Divestment also serves as a means to undo diversification strategies. Divestment can be especially appealing to executives in charge of firms that have engaged in unrelated diversification. Investors often struggle to understand the complexity of diversified firms, and this can result in relatively poor performance by the stocks of such firms. This is known as a diversification discount. Executives sometimes attempt to unlock hidden shareholder value by breaking up diversified companies.

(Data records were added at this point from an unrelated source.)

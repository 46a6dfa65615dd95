-- ===== src/Pool/Unlinked.antt =====
-- The first loop of `shrink_to_fit` of pool.rs: pages leave the free list.
use shared_arena.Base.{
  ℕ, zero, suc, ◌<◌, ◌≡◌, ◌≢◌, refl, sym, ap, ◌∙◌, inl, inr, true, false, not, some, List, [], ◌∷◌,
  ◌++◌, arith, ◌==◌, length, has, Bool-cases, ==_refl,
}
use mathlib.Core.List.{append-nil, append_assoc}
use mathlib.Core.Path.{subst}
use shared_arena.Word.{all_ones}
use shared_arena.Memory.{Memory}
use shared_arena.Memory.Chain.{Chain, Seg-frame, Distinct}
use shared_arena.Memory.Select.{retain, retain-same}
use shared_arena.Run.Returns
use shared_arena.Run.Returns.{Returns, returns}
use shared_arena.Page.Pool.{PagePool}
use shared_arena.Pool.Walk.{Cursor, head, link, unlink_unused}
use shared_arena.Pool.Cursors.{on, off_tail, Apart-head, Apart-has, CanRead}
use shared_arena.Pool.Unlink.{
  is_used, free_value, SameButFree, FreeUnlinked, free_set_at, SameButFree-set, free_value-set,
  free_value-other, loop_end, loop_drop, loop_keep,
}

module _ {T : Type 0} where
  SameButFree-trans :
      {m m₁ m₂ : Memory (PagePool T)} → SameButFree m m₁ → SameButFree m₁ m₂ → SameButFree m m₂
  SameButFree-trans a b = record {
    bitfield = λ q. b.bitfield q ∙ a.bitfield q;
    blocks = λ q. b.blocks q ∙ a.blocks q;
    next = λ q. b.next q ∙ a.next q;
    in_free_list = λ q. b.in_free_list q ∙ a.in_free_list q;
    live = b.live ∙ a.live;
    supply = b.supply ∙ a.supply;
  }

  module _ (m : Memory (PagePool T)) (c : Cursor) (p : ℕ) (qs : List ℕ)
      (off : on c (p ∷ qs) ≡ false) where
    module _ (ne : p ≢ 0) where
      abbrev after : Memory (PagePool T)
      after = free_set_at c (m.page p).next_free m

      Chain-after :
          Chain (λ q. (m.page q).next_free) (m.page p).next_free qs
          → Chain (λ q. (after.page q).next_free) (m.page p).next_free qs
      Chain-after = Seg-frame _ _ 0 _ qs λ q i.
          let e = free_value-other c (link q) (m.page p).next_free m (Apart-has p qs q i c off) in
          cc e

      unlinked_drop :
          {m' : Memory (PagePool T)}
          → is_used m p ≡ false
          → FreeUnlinked after c qs m'
          → FreeUnlinked m c (p ∷ qs) m'
      unlinked_drop {m'} unused u = record {
        first = u.first;
        at = u.at;
        chain =
            let same : retain (is_used after) qs ≡ retain (is_used m) qs =
              retain-same _ _ qs
                (λ q i. ap (λ w. not (w == all_ones)) ((SameButFree-set c _ m).bitfield q)) in
            subst (Chain (λ q. (m'.page q).next_free) u.first) (same ∙ sym (rw unused refl))
              u.chain;
        same = SameButFree-trans (SameButFree-set c _ m) u.same;
        frame = λ c' a h. u.frame c' a (off_tail p qs c' h) ∙ free_value-other c c' _ m a;
      }

      unlinked_keep :
          {m' : Memory (PagePool T)}
          → is_used m p ≡ true
          → free_value c m ≡ some p
          → FreeUnlinked m (link p) qs m'
          → FreeUnlinked m c (p ∷ qs) m'
      unlinked_keep {m'} used e u = record {
        first = p;
        at = u.frame c (Apart-head p qs c off) (off_tail p qs c off) ∙ e;
        chain = rw used (
          refl,
          ne,
          let link_eq : (m'.page p).next_free ≡ u.first = cc (u.at) in rw link_eq u.chain,
        );
        same = u.same;
        frame = λ c' a h. u.frame c' (Apart-head p qs c' h) (off_tail p qs c' h);
      }

  same_read :
      (c d : Cursor) (q : ℕ) (m : Memory (PagePool T)) → CanRead c m → CanRead c (free_set_at d q m)
  same_read head head q m alive = alive
  same_read head (link r) q m alive = alive
  same_read (link p) head q m alive = alive
  same_read (link p) (link r) q m alive = alive

  -- The pages after the cursor that are not used leave the list, in their order.
  pub unlink_unused-FreeUnlinked :
      (fuel : ℕ) (c : Cursor) (dropped : List ℕ) (m : Memory (PagePool T)) (first : ℕ) (ps : List ℕ)
      → CanRead c m
      → free_value c m ≡ some first
      → Chain (λ q. (m.page q).next_free) first ps
      → Distinct ps
      → on c ps ≡ false
      → ((q : ℕ) → has q ps ≡ true → m.live q ≡ true)
      → length ps < fuel
      → Returns
          (λ d m'. (d ≡ dropped ++ retain (λ q. not (is_used m q)) ps) × FreeUnlinked m c ps m')
          (unlink_unused fuel c dropped m)
  unlink_unused-FreeUnlinked zero c dropped m first ps alive e chain d off good enough =
      absurd (omega arith)
  unlink_unused-FreeUnlinked (suc fuel) c dropped m first [] alive e chain d off good enough =
      rw (loop_end fuel c dropped m alive (e ∙ ap some chain)) (
        returns (
          sym (append-nil dropped),
          record {
            first = first;
            at = e;
            chain = chain;
            same = record {
              bitfield = λ q. refl;
              blocks = λ q. refl;
              next = λ q. refl;
              in_free_list = λ q. refl;
              live = refl;
              supply = refl;
            };
            frame = λ c' a h. refl;
          },
        ))
  unlink_unused-FreeUnlinked (suc fuel) c dropped m first (p ∷ ps) alive e (e', ne, chain) (out, d)
        off good enough =
      let at = e ∙ ap some e' in
      let here = good p (ground (arith, ==_refl p)) in
      elim (Bool-cases (is_used m p)) [
        | inl used ↦ rw (loop_keep fuel c dropped m p alive at ne here used) (
            Returns.mono
              (unlink_unused-FreeUnlinked fuel (link p) dropped m (m.page p).next_free ps here refl
                chain d out (λ q h. good q (ground arith)) (omega arith))
              λ l m' (same, u).
                (same ∙ sym (rw used refl), unlinked_keep m c p ps off ne used at u))
        | inr unused ↦ rw (loop_drop fuel c dropped m p alive at ne here unused) (
            Returns.mono
              (unlink_unused-FreeUnlinked fuel c (dropped ++ p ∷ [])
                (free_set_at c (m.page p).next_free m) (m.page p).next_free ps
                (same_read c c (m.page p).next_free m alive)
                (free_value-set c (m.page p).next_free m) (Chain-after m c p ps off ne chain) d
                (off_tail p ps c off)
                (λ q h. ap (λ f. f q) ((SameButFree-set c _ m).live) ∙ good q (ground arith))
                (omega arith))
              λ l m' (same, u). (same ∙ more unused, unlinked_drop m c p ps off ne unused u))
      ]
    where
      more :
          is_used m p ≡ false
          → (dropped ++ p ∷ [])
              ++ retain (λ q. not (is_used (free_set_at c (m.page p).next_free m) q)) ps
            ≡ dropped ++ retain (λ q. not (is_used m q)) (p ∷ ps)
      more unused =
          append_assoc dropped (p ∷ []) _
          ∙ ap (λ r. dropped ++ p ∷ r)
              (retain-same _ _ ps
                (λ q i. ap (λ w. not (not (w == all_ones))) ((SameButFree-set c _ m).bitfield q)))
          ∙ sym (rw unused refl)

Fortune Brands provides a good example. Surprisingly, this company does not own Fortune magazine, but it has been involved in a diverse set of industries. As of 2010, the firm consisted of three businesses: spirits (including Jim Beam and Maker’s Mark), household goods (including Masterlock and Moen Faucets), and golf equipment (including Titleist clubs and balls as well as FootJoy shoes). In December 2010, Fortune Brand’s CEO announced a plan to separate the three businesses to “maximize long-term value for our shareholders and to create exciting opportunities within our businesses (Sauerhaft, 2011).” Fortune Brands took the first step toward overcoming the diversification discount in May 2011 when it reached an agreement to sell its gold business to Fila. In June 2011, plans to spin off the home products business were announced.
Executives are sometimes forced to admit that the operations that they want to abandon have no value. If selling off part of a business is not possible, the best option may be liquidation. This involves simply shutting down portions of a firm’s operations, often at a tremendous financial loss. GM has done this by scrapping its Geo, Saturn, Oldsmobile, and Pontiac brands. Ford recently followed this approach by shutting down its Mercury brand. Such moves are painful because massive investments are written off, but becoming “leaner and meaner” may save a company from total ruin.
Key Takeaway
- Executives sometimes need to reduce the size of their firms to maximize the chances of success. This can involve fairly modest steps such as retrenchment or more profound restructuring strategies.
Exercises
- Should Disney consider using retrenchment or restructuring? Why or why not?
- Given how much information is readily available about companies, why do you think investors still struggle to analyze diversified companies?